───── Data to use ─────
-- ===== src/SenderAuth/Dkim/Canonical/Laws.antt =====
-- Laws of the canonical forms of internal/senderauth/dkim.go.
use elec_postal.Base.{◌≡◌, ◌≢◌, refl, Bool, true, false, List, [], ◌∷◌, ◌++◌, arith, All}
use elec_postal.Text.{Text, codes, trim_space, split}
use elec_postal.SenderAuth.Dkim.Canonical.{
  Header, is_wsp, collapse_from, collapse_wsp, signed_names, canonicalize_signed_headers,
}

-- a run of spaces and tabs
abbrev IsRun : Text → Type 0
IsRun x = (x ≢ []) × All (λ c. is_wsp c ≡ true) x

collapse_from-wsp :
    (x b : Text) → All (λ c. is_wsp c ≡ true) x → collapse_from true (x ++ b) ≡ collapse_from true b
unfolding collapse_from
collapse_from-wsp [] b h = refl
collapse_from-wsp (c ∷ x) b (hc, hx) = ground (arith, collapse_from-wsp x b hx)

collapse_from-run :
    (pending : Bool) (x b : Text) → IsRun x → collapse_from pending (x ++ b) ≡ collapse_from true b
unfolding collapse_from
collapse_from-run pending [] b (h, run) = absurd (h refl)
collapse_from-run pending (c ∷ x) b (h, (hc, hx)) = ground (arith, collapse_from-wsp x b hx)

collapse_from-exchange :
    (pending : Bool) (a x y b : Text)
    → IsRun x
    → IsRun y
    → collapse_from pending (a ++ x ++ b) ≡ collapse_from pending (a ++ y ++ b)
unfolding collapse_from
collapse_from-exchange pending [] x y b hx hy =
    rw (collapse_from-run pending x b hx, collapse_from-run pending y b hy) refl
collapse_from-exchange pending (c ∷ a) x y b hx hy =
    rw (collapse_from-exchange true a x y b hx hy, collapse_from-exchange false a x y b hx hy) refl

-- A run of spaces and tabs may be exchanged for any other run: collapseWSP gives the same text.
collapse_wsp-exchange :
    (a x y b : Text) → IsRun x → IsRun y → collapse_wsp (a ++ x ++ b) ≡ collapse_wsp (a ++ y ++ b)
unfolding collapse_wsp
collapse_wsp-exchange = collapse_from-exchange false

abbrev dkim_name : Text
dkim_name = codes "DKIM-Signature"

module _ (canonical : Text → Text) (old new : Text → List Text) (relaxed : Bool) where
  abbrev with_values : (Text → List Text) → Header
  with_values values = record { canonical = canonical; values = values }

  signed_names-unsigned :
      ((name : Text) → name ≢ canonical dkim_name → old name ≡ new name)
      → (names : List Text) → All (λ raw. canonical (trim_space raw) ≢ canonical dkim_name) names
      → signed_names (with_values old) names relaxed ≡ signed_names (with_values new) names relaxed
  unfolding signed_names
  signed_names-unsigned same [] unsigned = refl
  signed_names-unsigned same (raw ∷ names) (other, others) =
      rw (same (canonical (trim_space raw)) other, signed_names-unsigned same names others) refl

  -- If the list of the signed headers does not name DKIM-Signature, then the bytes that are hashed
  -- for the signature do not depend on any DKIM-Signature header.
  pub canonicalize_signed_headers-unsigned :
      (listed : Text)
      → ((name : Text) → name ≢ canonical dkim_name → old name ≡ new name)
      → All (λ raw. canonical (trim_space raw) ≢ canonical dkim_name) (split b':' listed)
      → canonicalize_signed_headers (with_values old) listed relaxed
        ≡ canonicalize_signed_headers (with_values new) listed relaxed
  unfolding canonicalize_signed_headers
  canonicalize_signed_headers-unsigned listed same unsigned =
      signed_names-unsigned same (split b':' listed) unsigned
─────
───── Data to use ─────
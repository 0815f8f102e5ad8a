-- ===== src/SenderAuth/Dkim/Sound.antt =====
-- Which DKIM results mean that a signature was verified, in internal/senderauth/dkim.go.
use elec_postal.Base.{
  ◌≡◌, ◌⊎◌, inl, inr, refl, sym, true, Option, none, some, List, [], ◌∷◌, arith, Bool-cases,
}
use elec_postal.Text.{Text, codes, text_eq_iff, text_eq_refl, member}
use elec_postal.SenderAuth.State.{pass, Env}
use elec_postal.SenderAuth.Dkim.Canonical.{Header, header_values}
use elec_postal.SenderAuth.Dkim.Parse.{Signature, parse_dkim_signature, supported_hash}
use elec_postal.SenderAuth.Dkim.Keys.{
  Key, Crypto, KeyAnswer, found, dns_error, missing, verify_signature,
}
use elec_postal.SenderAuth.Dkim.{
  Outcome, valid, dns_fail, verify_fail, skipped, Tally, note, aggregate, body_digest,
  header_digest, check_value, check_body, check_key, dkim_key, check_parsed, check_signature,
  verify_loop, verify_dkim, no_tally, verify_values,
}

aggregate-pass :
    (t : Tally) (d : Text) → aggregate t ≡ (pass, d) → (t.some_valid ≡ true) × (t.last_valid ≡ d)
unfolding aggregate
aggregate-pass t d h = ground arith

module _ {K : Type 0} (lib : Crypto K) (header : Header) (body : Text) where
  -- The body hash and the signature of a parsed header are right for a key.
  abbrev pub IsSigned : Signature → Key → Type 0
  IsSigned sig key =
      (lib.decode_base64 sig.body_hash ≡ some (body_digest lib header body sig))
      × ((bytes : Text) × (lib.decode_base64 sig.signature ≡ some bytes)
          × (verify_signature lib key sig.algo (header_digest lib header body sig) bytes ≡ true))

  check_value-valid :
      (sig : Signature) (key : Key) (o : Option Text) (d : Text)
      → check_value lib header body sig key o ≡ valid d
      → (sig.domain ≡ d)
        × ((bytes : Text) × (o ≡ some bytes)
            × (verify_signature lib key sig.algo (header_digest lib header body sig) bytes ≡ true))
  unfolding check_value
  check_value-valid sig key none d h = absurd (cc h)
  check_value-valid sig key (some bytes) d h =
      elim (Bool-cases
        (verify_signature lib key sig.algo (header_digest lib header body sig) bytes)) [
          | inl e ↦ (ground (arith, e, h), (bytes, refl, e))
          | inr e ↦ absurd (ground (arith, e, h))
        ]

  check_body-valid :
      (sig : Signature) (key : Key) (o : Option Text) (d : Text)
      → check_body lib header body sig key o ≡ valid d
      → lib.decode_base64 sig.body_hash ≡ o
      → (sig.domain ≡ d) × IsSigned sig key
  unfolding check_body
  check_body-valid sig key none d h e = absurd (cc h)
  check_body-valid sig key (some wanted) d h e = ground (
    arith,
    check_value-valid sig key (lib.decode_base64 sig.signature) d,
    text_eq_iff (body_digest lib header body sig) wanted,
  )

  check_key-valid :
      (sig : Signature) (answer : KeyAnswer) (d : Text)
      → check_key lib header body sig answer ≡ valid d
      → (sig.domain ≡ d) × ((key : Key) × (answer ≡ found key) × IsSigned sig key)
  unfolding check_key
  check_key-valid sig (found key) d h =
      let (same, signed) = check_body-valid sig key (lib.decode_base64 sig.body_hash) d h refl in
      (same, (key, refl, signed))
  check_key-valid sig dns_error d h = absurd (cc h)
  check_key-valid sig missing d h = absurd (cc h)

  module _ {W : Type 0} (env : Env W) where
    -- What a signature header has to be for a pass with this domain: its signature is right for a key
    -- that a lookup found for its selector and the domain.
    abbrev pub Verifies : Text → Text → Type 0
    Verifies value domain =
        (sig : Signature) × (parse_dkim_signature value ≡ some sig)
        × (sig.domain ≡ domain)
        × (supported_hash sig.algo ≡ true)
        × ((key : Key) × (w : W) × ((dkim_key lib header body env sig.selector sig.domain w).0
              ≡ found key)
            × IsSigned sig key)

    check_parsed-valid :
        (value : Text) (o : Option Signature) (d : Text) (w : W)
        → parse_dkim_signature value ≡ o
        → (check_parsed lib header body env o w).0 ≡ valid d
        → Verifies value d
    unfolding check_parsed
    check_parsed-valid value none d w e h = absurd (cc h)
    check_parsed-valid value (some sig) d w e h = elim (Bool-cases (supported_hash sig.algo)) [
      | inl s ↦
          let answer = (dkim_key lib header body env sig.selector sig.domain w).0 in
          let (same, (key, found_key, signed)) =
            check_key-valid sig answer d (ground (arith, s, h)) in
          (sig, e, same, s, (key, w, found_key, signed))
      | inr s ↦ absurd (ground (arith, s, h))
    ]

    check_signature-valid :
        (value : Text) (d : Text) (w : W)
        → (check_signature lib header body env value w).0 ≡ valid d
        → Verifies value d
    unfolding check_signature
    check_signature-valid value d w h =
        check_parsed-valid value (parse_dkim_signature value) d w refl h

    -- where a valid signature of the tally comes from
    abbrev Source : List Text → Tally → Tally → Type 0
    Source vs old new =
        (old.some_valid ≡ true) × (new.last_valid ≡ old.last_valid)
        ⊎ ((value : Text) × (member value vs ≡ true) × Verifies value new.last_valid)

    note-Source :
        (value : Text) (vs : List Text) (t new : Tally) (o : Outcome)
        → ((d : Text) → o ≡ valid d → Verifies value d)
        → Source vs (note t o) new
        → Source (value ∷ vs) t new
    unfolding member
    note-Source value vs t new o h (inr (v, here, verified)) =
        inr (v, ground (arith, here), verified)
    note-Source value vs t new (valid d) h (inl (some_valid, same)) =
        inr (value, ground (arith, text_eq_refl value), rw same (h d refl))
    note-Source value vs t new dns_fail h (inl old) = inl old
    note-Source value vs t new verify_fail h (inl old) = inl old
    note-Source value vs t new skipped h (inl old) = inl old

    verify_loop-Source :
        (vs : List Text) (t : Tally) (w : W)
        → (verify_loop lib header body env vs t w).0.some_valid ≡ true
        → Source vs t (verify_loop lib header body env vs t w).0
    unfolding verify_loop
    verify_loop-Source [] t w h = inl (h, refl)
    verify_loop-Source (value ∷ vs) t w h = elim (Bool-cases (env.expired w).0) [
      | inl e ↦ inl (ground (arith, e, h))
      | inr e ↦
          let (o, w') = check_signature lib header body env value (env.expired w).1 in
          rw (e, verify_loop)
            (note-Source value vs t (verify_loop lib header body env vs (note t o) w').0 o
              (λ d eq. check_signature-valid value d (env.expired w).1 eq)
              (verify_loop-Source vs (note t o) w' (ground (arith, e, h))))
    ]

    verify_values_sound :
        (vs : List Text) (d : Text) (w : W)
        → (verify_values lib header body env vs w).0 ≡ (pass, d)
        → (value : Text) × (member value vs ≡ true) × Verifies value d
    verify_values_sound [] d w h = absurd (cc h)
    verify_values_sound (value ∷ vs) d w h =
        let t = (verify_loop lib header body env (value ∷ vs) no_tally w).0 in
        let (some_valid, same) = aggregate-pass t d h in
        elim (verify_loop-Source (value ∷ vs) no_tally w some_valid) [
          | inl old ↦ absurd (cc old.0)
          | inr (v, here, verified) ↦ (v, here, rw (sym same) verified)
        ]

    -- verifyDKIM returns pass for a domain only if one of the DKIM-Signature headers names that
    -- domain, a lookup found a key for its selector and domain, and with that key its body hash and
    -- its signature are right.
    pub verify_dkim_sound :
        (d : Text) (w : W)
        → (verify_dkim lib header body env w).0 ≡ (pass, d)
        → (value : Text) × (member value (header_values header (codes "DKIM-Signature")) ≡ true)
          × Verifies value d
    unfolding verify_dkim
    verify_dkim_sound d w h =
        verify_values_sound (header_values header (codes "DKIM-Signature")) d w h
─────
───── Data to use ─────
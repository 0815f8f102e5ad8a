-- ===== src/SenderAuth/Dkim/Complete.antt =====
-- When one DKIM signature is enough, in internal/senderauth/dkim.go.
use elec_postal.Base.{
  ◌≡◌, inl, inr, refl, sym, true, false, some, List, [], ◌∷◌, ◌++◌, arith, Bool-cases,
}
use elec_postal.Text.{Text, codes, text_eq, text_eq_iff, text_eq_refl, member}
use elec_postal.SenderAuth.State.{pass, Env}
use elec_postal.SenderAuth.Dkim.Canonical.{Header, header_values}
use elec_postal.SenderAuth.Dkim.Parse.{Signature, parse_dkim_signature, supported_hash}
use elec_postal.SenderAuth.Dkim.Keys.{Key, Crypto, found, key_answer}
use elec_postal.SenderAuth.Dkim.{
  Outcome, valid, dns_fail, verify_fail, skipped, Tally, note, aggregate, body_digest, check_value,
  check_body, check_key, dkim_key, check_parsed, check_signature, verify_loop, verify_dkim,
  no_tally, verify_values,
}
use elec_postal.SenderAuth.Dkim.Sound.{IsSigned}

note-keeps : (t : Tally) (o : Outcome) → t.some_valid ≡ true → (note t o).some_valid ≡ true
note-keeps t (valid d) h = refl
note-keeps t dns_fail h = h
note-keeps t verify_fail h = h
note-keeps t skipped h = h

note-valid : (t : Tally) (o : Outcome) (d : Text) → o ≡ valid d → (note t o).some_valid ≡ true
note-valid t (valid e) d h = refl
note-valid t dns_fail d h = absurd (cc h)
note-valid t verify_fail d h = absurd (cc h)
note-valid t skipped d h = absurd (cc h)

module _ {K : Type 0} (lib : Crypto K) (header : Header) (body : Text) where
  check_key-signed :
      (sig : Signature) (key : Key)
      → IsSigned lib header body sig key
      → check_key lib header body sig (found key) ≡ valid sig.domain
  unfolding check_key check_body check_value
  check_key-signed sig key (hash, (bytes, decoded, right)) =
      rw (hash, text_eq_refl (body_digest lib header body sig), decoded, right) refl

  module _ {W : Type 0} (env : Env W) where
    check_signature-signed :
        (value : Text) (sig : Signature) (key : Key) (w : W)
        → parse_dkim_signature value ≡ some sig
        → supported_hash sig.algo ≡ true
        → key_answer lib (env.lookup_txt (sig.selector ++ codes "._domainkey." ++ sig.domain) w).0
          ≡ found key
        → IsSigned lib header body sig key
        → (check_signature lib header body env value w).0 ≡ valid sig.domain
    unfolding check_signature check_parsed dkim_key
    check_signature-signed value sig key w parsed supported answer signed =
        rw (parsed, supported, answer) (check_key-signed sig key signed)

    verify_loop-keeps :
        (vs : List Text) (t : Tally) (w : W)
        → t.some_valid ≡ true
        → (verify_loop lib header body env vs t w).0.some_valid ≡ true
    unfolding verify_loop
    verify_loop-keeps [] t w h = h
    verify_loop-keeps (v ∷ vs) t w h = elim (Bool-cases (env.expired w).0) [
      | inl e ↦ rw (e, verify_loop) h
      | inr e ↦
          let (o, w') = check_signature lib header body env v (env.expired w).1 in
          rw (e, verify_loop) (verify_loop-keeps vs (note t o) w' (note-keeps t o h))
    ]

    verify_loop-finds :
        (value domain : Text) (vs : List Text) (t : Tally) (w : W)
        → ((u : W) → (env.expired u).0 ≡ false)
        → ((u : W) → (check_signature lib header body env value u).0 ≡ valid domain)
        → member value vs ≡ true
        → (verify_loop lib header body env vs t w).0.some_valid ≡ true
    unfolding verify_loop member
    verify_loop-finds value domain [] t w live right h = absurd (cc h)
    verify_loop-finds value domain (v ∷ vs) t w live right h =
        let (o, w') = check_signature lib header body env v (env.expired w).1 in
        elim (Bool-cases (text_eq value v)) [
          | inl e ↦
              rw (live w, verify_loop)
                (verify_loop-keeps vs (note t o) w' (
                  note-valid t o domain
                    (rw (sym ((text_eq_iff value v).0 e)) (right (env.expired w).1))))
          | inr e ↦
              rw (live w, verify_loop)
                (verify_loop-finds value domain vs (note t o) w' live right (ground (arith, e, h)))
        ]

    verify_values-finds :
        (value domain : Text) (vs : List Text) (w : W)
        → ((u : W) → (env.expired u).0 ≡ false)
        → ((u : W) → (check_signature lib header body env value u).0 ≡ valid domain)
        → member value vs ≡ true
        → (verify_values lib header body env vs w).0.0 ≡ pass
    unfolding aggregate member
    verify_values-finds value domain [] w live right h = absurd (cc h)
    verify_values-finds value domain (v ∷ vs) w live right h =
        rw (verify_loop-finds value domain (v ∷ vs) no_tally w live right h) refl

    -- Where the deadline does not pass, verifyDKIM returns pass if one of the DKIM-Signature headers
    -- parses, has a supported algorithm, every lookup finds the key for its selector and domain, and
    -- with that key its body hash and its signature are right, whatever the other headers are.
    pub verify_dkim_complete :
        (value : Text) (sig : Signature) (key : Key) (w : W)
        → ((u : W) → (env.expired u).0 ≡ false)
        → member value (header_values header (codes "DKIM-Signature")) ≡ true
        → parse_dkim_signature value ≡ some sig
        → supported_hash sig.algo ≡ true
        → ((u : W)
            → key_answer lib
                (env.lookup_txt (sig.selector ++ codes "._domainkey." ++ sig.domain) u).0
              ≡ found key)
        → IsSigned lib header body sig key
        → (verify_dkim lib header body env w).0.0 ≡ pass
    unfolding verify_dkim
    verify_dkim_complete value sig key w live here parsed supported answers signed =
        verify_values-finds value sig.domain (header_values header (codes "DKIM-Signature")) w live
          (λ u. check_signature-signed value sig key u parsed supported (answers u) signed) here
─────
What the exercise asks
Reproduce only the lines above spanning from the line containing "Verifies value new.last_valid)" through the line containing "(note t o) new", word for word.

Response to the task
        ⊎ ((value : Text) × (member value vs ≡ true) × Verifies value new.last_valid)

    note-Source :
        (value : Text) (vs : List Text) (t new : Tally) (o : Outcome)
        → ((d : Text) → o ≡ valid d → Verifies value d)
        → Source vs (note t o) new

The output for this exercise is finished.